Which would afterward be implemented, for example in PCI bus:

static rte_pci_device *
pci_find_device_by_addr(void *addr)
{
        struct rte_pci_device *pdev;

        FOREACH_DEVICE_ON_PCIBUS(pdev)
                if (&pdev->device == addr ||
                    /* addr within mappings of pdev */)
                        return pdev;
        return NULL;
}

static int
pci_handle_sigbus(void *addr)
{
        static rte_pci_device *pdev;

        pdev = pci_find_device_by_addr(addr);
        if (pdev == NULL)
                return -1;
        /* Here, handle uio remap if needed. */
}

-------------------------

- Leave the bus iteration and check within rte_bus.

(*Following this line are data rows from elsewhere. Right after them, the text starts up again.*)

-- ===== src/Net/Events/Streaming.antt =====
-- The bytes of a client from one receive to the next.
use mathlib.Core.Path.{subst}
use mathlib.Core.List.{append_assoc, append-nil}
use hyperion_server.Common.{
  All, ℕ, ◌+◌, ◌-◌, ◌<◌, ◌≡◌, refl, sym, ap, ◌∙◌, true, false, none, some, List, [], ◌∷◌, ◌++◌,
  ◌||◌, ◌==◌, length, arith,
}
use hyperion_server.Common.Text.{is_empty, Text, same_text}
use hyperion_server.Common.Exec.{returned, guarded, try_catch, ◌>>=◌, Outcome, resume}
use hyperion_server.Media.Save.{Answers, Files, contents}
use hyperion_server.Net.Connection.{
  Connection, Local, on_conn, get_streambuf, consume, inc_ref_count, dec_ref_count, prepare,
  async_receive, receive_completed,
}
use hyperion_server.Net.Acceptor.{Acceptor}
use hyperion_server.Net.Listener.{receive_callback, do_async_receive, save_received, bytes_of}
use hyperion_server.Net.Listener.Saving.{save_received-HasSaved}
use hyperion_server.Net.Events.{received, handle, taken, is_pending}
use hyperion_server.Net.Events.Valid.{IsValid}
use hyperion_server.Net.Events.Handlers.{deliver}

-- A receive is pending, and the file it goes to has a path and is closed.
pub record IsStreaming (c : Connection) : Type 0 where
  pub pathed : is_empty c.out_file_path ≡ false
  pub closed : c.out_file_open ≡ false
  pub unbuffered : c.buffered ≡ 0
  pub referenced : 0 < c.ref_count
  pub receiving : 0 < c.receives

pub valid-IsStreaming : (c : Connection) → IsValid c → 0 < c.receives → IsStreaming c
valid-IsStreaming c v armed = record {
  pathed = v.saving armed;
  closed = v.stream;
  unbuffered = v.unbuffered;
  referenced = omega (arith, v.counted, armed);
  receiving = armed;
}

-- Where the connection stands while its file is written.
abbrev receiving_conn : Connection → Connection
receiving_conn c = record c { receives = c.receives - 1; received_eof = c.received_eof || false }

-- The handler from the write on.
abbrev saved : Answers → ℕ → Local → Outcome (Unit {0}) × Local
saved answers n = guarded (consume n) (do_async_receive answers) >>= (λ u. dec_ref_count)

received-saved :
    (acceptor : Acceptor) (answers : Answers) (bytes : List ℕ) (l : Local)
    → 0 < l.ref_count
    → let start : Local = record l { conn = receiving_conn l.conn } in
      (save_received answers bytes start).0 ≡ returned tt
      → deliver acceptor answers (received none bytes) l
        ≡ saved answers (length bytes) (save_received answers bytes start).1
unfolding handle taken receive_completed receive_callback get_streambuf on_conn guarded try_catch
    ◌>>=◌
received-saved acceptor answers bytes l r e =
    let n : (l.ref_count == 0) ≡ false = ground arith in rw (n, e) refl

-- What is left to do takes a reference for the next receive, and gives back the one of this receive.
saved-same :
    (answers : Answers) (n : ℕ) (c : Connection) (files : Files)
    → answers.prepare_throws ≡ false
    → IsStreaming c
    → saved answers n (record { conn = receiving_conn c; files = files })
      ≡ (returned tt, record { conn = c; files = files })
unfolding do_async_receive async_receive prepare get_streambuf inc_ref_count dec_ref_count consume
    on_conn guarded ◌>>=◌
saved-same answers n c files p h =
    let a : (c.ref_count == 0) ≡ false = ground (arith, h.referenced) in
    let b : (c.ref_count + 1 == 0) ≡ false = ground arith in
    let ended : (c.received_eof || false) ≡ c.received_eof = ground arith in
    let counted : (c.ref_count + 1 - 1) ≡ c.ref_count = omega arith in
    let armed : (c.receives - 1 + 1) ≡ c.receives = omega (arith, h.receiving) in
    let empty : (0 - n) ≡ 0 = omega arith in
    rw (a, h.unbuffered, p) (rw (consume, b) (rw (ended, b) (rw (counted, armed, empty) refl)))

-- One receive: the file has the bytes behind those it had, and the connection is the same again.
pub received-once :
    (acceptor : Acceptor) (answers : Answers) (bytes : List ℕ) (l : Local)
    → answers.append_opens ≡ true
    → answers.prepare_throws ≡ false
    → IsStreaming l.conn
    → let r = deliver acceptor answers (received none bytes) l in
      (r.0 ≡ returned tt)
      × (r.1.conn ≡ l.conn)
      × (contents r.1.files l.out_file_path
          ≡ some (bytes_of (contents l.files l.out_file_path) ++ bytes))
      × ((path : Text)
          → same_text l.out_file_path path ≡ false
          → contents r.1.files path ≡ contents l.files path)
received-once acceptor answers bytes l opens ready h =
    let start : Local = record l { conn = receiving_conn l.conn } in
    let (ended, s) = save_received-HasSaved answers bytes start opens h.pathed h.closed in
    let files = (save_received answers bytes start).1.files in
    let run =
      received-saved acceptor answers bytes l h.referenced ended
      ∙ ap (λ c. saved answers (length bytes) (record { conn = c; files = files })) s.kept
      ∙ saved-same answers (length bytes) l.conn files ready h in
    (
      ap (λ r. r.0) run,
      ap (λ r. r.1.conn) run,
      ap (λ r. contents r.1.files l.out_file_path) run ∙ s.appended,
      λ path n. ap (λ r. contents r.1.files path) run ∙ s.others path n,
    )

-- The receives of one connection, one after the other, with the system's answers to each.
abbrev pub deliver_all : Acceptor → List (Answers × List ℕ) → Local → Outcome (Unit {0}) × Local
deliver_all acceptor [] l = (returned tt, l)
deliver_all acceptor ((answers, bytes) ∷ receives) l =
    let r = deliver acceptor answers (received none bytes) l in
    resume r.0 (λ u. deliver_all acceptor receives) r.1

abbrev pub all_bytes : List (Answers × List ℕ) → List ℕ
all_bytes [] = []
all_bytes ((answers, bytes) ∷ receives) = bytes ++ all_bytes receives

-- The file opens, and the next receive can be prepared.
abbrev pub Serves : Answers × List ℕ → Type 0
Serves r = (r.0.append_opens ≡ true) × (r.0.prepare_throws ≡ false)

streamed :
    (acceptor : Acceptor) (receives : List (Answers × List ℕ)) (l : Local)
    → All Serves receives
    → IsStreaming l.conn
    → let r = deliver_all acceptor receives l in
      (r.0 ≡ returned tt)
      × (r.1.conn ≡ l.conn)
      × (bytes_of (contents r.1.files l.out_file_path)
          ≡ bytes_of (contents l.files l.out_file_path) ++ all_bytes receives)
      × ((path : Text)
          → same_text l.out_file_path path ≡ false
          → contents r.1.files path ≡ contents l.files path)
streamed acceptor [] l s h = (refl, refl, sym (append-nil _), λ path n. refl)
streamed acceptor ((answers, bytes) ∷ receives) l s h =
    let (ended, same, appended, others) = received-once acceptor answers bytes l s.0.0 s.0.1 h in
    let l' = (deliver acceptor answers (received none bytes) l).1 in
    let (e, c, b, o) = streamed acceptor receives l' s.1 (subst IsStreaming (sym same) h) in
    let end' = (deliver_all acceptor receives l').1.files in
    let place = ap (λ (k : Connection). k.out_file_path) same in
    let later =
      subst (λ p. bytes_of (contents end' p) ≡ bytes_of (contents l'.files p) ++ all_bytes receives)
        place b in
    rw ended (
      e,
      c ∙ same,
      later
          ∙ ap (λ o. bytes_of o ++ all_bytes receives) appended
          ∙ append_assoc (bytes_of (contents l.files l.out_file_path)) bytes (all_bytes receives),
      λ path n. o path (ap (λ p. same_text p path) place ∙ n) ∙ others path n,
    )

-- To its client a valid connection whose receive is pending is a file that grows: where the file
-- opens and each next receive can be prepared, any number of receives all return, and leave in the
-- connection's file what it held and then all the bytes in the order they came, however they were
-- cut into receives. The connection is as before, its next receive pending, and no other file is
-- touched.
pub deliver_all-append :
    (acceptor : Acceptor) (receives : List (Answers × List ℕ)) (l : Local)
    → All Serves receives
    → IsValid l.conn
    → is_pending (received none []) l.conn ≡ true
    → let r = deliver_all acceptor receives l in
      (r.0 ≡ returned tt)
      × (r.1.conn ≡ l.conn)
      × (bytes_of (contents r.1.files l.out_file_path)
          ≡ bytes_of (contents l.files l.out_file_path) ++ all_bytes receives)
      × ((path : Text)
          → same_text l.out_file_path path ≡ false
          → contents r.1.files path ≡ contents l.files path)
deliver_all-append acceptor receives l s v p =
    streamed acceptor receives l s (valid-IsStreaming l.conn v (ground arith))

Centralize the call
  in a tighter rte_bus API, do not use directly your OPS from your other
  EAL facility.

- You have left several error messages for signaling success (!), or
  even simply that a bus could not handle a specific address. This is
  bad. An error should only appear on error. Otherwise, all of this can
  easily be traced using a debugger, so I don't think it's necessary
  to leave it at a DEBUG level.

  But in any case, remove all ERR-level messages for success.

<...>

> diff --git a/lib/librte_eal/common/include/rte_bus.h b/lib/librte_eal/common/include/rte_bus.h
> index eb9eded..6a5609f 100644
> --- a/lib/librte_eal/common/include/rte_bus.h
> +++ b/lib/librte_eal/common/include/rte_bus.h
> @@ -168,6 +168,20 @@ typedef int (*rte_bus_unplug_t)(struct rte_device *dev);
>  typedef int (*rte_bus_parse_t)(const char *name, void *addr);
>  
>  /**
> + * Implementation a specific hot unplug handler, which is responsible
> + * for handle the failure when hot unplug the device, guaranty the system
> + * would not hung in the case.
> + * @param dev
> + *	Pointer of the device structure.
> + *
> + * @return
> + *	0 on success.
> + *	!0 on error.
> + */
> +typedef int (*rte_bus_handle_hot_unplug_t)(struct rte_device *dev,
> +						void *dev_addr);
> +

I don't like the name of the OPS.
The documentation evokes only "the failure".
So is it a handle for any and all error possibly happening to a device?
If so, where is the input to describe the error?

If it is only meant to handle SIGBUS, because it is a very specific
error state only meant to happen on certain parts of the bus (the queue
mappings, if relevant), then it makes sense to only have an arbitrary
address as context for handling.

But then, it needs to be called as such. The expected failure to be
handled should be explicit in the name of the ops, and the documentation
should be more precise about what a bus developper should do with the
input.

> +/**
>   * Bus scan policies
>   */
>  enum rte_bus_scan_mode {
> @@ -209,6 +223,8 @@ struct rte_bus {
>  	rte_bus_plug_t plug;         /**< Probe single device for drivers */
>  	rte_bus_unplug_t unplug;     /**< Remove single device from driver */
>  	rte_bus_parse_t parse;       /**< Parse a device name */
> +	rte_bus_handle_hot_unplug_t handle_hot_unplug; /**< handle hot unplug
> +							device event */

The new ops should be added at the end of the structure.

Regards,
-- 
Gaëtan Rivet
6WIND